Gauging investor sentiment and new issues

We often hear about new issues being pulled at the last minute because of a change in investor sentiment. Sometimes this is seen as an excuse due to a lack of demand for shares while other times it does seem to be a valid reason. Unless you are involved in the day-to-day gauging of investor sentiment and the requirement for perfect timing for new issues it is difficult to understand the potential downside of mismanaging a new issue.

IPOs/New issues

IPOs/new issues often take the form of a company coming to the market whereby the original shareholders will sell part of their holding to create a liquid market. There are other occasions where original shareholders may retain their shares, or sell part of them, while the company issues new shares as a fundraising exercise. Therefore, it is not difficult to see how a particular change in investor sentiment, whether positive or negative, can have a significant impact upon the pricing of a new issue and the potential level of funds raised.

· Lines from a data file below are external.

-- ===== src/Netlink/Examples.antt =====
-- rnl/NetlinkMessage.cpp and rnl/NetlinkRoute.cpp: requests and a route on a concrete socket.
use fbmeshd.Prelude.{
  ℕ, ◌+◌, ◌*◌, ◌/◌, ◌%◌, ◌^◌, ◌≡◌, ◌↔◌, refl, Bool, true, false, Option, none, some, List, [], ◌∷◌,
  ◌++◌, arith, ltb, if◌then◌else◌, length, All, nat_eq,
}
use fbmeshd.Prelude.Int.{pos, negsuc}
use fbmeshd.Rnl.{NextHop, Route, prefix_eq}
use fbmeshd.Rnl.Kernel.{Rtnl}
use fbmeshd.Netlink.{other_type, NetlinkMessage, Answer, status, Socket, new_socket, batch}
use fbmeshd.Netlink.Receive.{Errno, error_message, done_message, Receiver}
use fbmeshd.Netlink.Requests.{success, get_return_status}
use fbmeshd.Netlink.Attributes.{Wire}
use fbmeshd.Netlink.NextHops.{encode_label, decode_label, add_multi_path_nexthop}
use fbmeshd.Netlink.RouteMessage.{
  Message, new_route, add_route, delete_route, add_label_route, delete_label_route,
}
use fbmeshd.Netlink.Order.{messages}
use fbmeshd.Netlink.Steps.{IsWatched}
use fbmeshd.Netlink.Reached.{
  IsShort, Event, adds, receives, serve, starts, next, Reach-IsRunning, timeouts, timeouts_drain,
}
use fbmeshd.Netlink.Places.{requests_of, filed_of}
use fbmeshd.Netlink.Answers.{serve_all, asked}
use fbmeshd.Netlink.Whole.{statuses_of, serve_all-statuses_of}
use fbmeshd.Netlink.Calls.{IsFine, get_return_status_iff}
use fbmeshd.Netlink.Bounds.{IsMade, route_messages-IsMade}
use fbmeshd.Netlink.Layout.{IsWire}
use fbmeshd.Netlink.Space.{HasHops, add_multi_path_nexthop-HasHops}
use fbmeshd.Netlink.Labels.{IsByteOrder, decode_label-encode_label}

abbrev sends : List (ℕ × NetlinkMessage) → Bool
sends iov = true

abbrev request : ℕ → NetlinkMessage
request p = record { promise = p; message_type = other_type }

abbrev errno : Errno
errno = record { eexist = 17; esrch = 3; einval = 22; eaddrnotavail = 99 }

-- A socket with a request in the queue, waiting for a timer.
abbrev waiting : Socket
waiting = record (new_socket 0 7) { msg_queue = request 1 ∷ []; is_timer_scheduled = true }

timeouts_drain_example :
    ((timeouts sends 1 waiting).msg_queue ≡ [])
    × (messages (timeouts sends 1 waiting) ≡ messages waiting ++ waiting.msg_queue)
timeouts_drain_example = timeouts_drain sends 1 waiting (omega arith)

abbrev fresh : Receiver
fresh = record {
  socket = new_socket 0 7;
  route_cache = [];
  link_cache = [];
  address_cache = [];
  neighbor_cache = [];
  has_link_event_cb = true;
  has_addr_event_cb = true;
  has_neighbor_event_cb = true;
  calls = [];
}

-- Two requests, the refusal of the first, and the end of the second.
abbrev events : List Event
events =
    adds (request 1 ∷ request 2 ∷ [])
    ∷ receives (error_message 7 1 (negsuc 21) ∷ done_message 2 ∷ [])
    ∷ []

serve_all-statuses_of_example :
    requests_of 1 (serve_all sends errno events fresh).socket.msg_queue
      + filed_of 1 (serve_all sends errno events fresh).socket.seq_no_map
      + statuses_of 1 (serve_all sends errno events fresh).socket.answers
    ≡ requests_of 1 (asked events)
serve_all-statuses_of_example =
    serve_all-statuses_of sends errno 0 7 1 events fresh refl (omega arith)

abbrev served : Receiver
served = serve sends errno (adds (request 1 ∷ [])) fresh

Reach-IsRunning_example :
    IsWatched served.socket
    × (served.socket.sent ≡ batch 0 (messages served.socket))
    × (served.socket.sequence_number ≡ length served.socket.sent % 2 ^ 32)
    × IsShort served.socket
Reach-IsRunning_example =
    Reach-IsRunning sends errno served (next (starts 0 7 refl) (adds (request 1 ∷ [])))

get_return_status_iff_example :
    (get_return_status (17 ∷ []) (some (status (negsuc 16)) ∷ []) ≡ some success)
    ↔ All (IsFine (17 ∷ [])) (some (status (negsuc 16)) ∷ [])
get_return_status_iff_example = get_return_status_iff (17 ∷ []) (some (status (negsuc 16)) ∷ [])

-- The sizes and macros of a host whose byte order is that of the network.
abbrev wire : Wire
wire = record {
  rta_align = λ n. (n + 3) / 4 * 4;
  rta_length = λ n. 4 + n;
  nlmsg_align = λ n. (n + 3) / 4 * 4;
  nlmsg_length = λ n. 16 + n;
  sizeof_rtattr = 4;
  sizeof_rtnexthop = 8;
  sizeof_rtmsg = 12;
  byte_count = λ a. if ltb a 1000 then 4 else 16;
  htonl = λ n. n;
  ntohl = λ n. n;
  rta_dst = 1;
  rta_priority = 6;
  rta_multipath = 9;
  rta_gateway = 5;
  rta_oif = 4;
  rta_via = 18;
  rta_newdst = 19;
  rta_encap = 22;
  rta_encap_type = 21;
  mpls_iptunnel_dst = 1;
  lwtunnel_encap_mpls = 1;
}

wire-IsWire : IsWire wire
wire-IsWire = record {
  aligns = λ n. refl;
  aligns_message = λ n. refl;
  lengths = λ n. refl;
  of_attribute = refl;
  of_hop = refl;
  of_address = λ a. ground arith;
}

abbrev rtnl : Rtnl
rtnl = record {
  rt_table_main = 254;
  is_cloned = λ f. false;
  rt_scope_universe = 0;
  rt_scope_link = 253;
  rt_scope_nowhere = 255;
  rtn_unicast = 1;
  rtn_blackhole = 6;
  rtn_multicast = 5;
  af_unspec = 0;
  af_inet = 2;
  af_inet6 = 10;
  af_mpls = 28;
}

abbrev hop : Option ℕ → Option (List ℕ) → NextHop
hop action push_labels = record {
  if_index = some 4;
  gateway = some 9;
  weight = 0;
  label_action = action;
  swap_label = none;
  push_labels = push_labels;
  family = 2;
}

abbrev route : ℕ → Route
route family = record {
  destination = record { addr = 40; mask = 24 };
  mpls_label = none;
  next_hops = hop none none ∷ hop (some 0) (some (5 ∷ 6 ∷ [])) ∷ [];
  route_type = 1;
  route_table = 254;
  protocol_id = 98;
  scope = 0;
  is_valid = true;
  flags = none;
  priority = some 10;
  tos = none;
  mtu = none;
  adv_mss = none;
  route_if_name = none;
  family = family;
}

abbrev blank : Message
blank = record {
  nlmsg_len = 0;
  kind = new_route;
  has_create = false;
  has_replace = false;
  rtm_family = 0;
  rtm_dst_len = 0;
  rtm_protocol = 0;
  rtm_type = 0;
  rtm_flags = 0;
  attributes = [];
}

add_multi_path_nexthop-HasHops_example :
    HasHops wire wire-IsWire 2 (add_multi_path_nexthop wire rtnl (route 2))
add_multi_path_nexthop-HasHops_example =
    add_multi_path_nexthop-HasHops wire wire-IsWire rtnl (route 2)

route_messages-IsMade_example :
    IsMade (add_route wire rtnl (route 2) blank)
    × IsMade (delete_route wire rtnl (route 2) blank)
    × IsMade (add_label_route wire rtnl (route 2) blank)
    × IsMade (delete_label_route wire rtnl (route 2) blank)
route_messages-IsMade_example =
    route_messages-IsMade wire rtnl (omega arith) (route 2) blank (omega arith)

abbrev acknowledged : Message → Option Answer
acknowledged m = some (status (pos 0))

abbrev two : List Route
two = route 3 ∷ route 2 ∷ []

order : IsByteOrder wire
order = record { reads_back = λ n h. refl; ors = λ a b. refl }

decode_label-encode_label_example :
    decode_label wire (encode_label wire 100 true) ≡ (if ltb 0xfffff 100 then 0 else 100)
decode_label-encode_label_example = decode_label-encode_label wire order 100 true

Gauging investor sentiment and new issues
Gauging investor sentiment and new issues

Loading the gun, ready to fire

The vast majority of new issues will have been rumoured for weeks or months in advance of the actual float date. What you tend to see is a relatively short period between the confirmation that a company is to float on the stock market and the first day of dealing. This ensures that there is as small a timescale as possible during which investor sentiment can take a downturn. Bizarrely, if investor sentiment takes an upturn during this relatively small window of opportunity this is not necessarily a worry.

Each and every new issue/IPO listed on stock markets around the world wants to hit the headlines, attract a healthy premium on the first day of listing and keep the interest of investors during this often difficult transformation period. So, if all of a sudden investors have renewed appetite for a particular IPO this can be extremely helpful even if in hindsight the company’s advisers may have been able to squeeze a few more dollars from investors.

Keeping up the momentum

Unfortunately, many new issues on the stock market are listed in a blaze of glory but not always able to live up to their promises and keep momentum going. Companies such as Snap (the parent of Snapchat) was one such company, it floated on the market in a blaze of glory and saw the share price nearly double in the first few days. However, concerns about competition from the likes of Facebook and the expiry of further lock-in periods, allowing founding shareholders to reduce their stakes, led to a significant fall in the share price.

While not always possible, it is advisable to keep “some good news back” when launching on the stock market. Let the first blaze of interest ignite and then gently feed the market more positive news, perhaps new services, new products and new trends in usage (vital for social media related companies).

It is easy to underestimate the power of investor appetite and investor sentiment. When you are talking about companies valued in the tens of billions of dollars, a downturn in investor sentiment could literally reduce the value of a company by billions of dollars. Even though financial advisers in the IPO/new issues industry are “well remunerated” theirs is not a role for the fainthearted!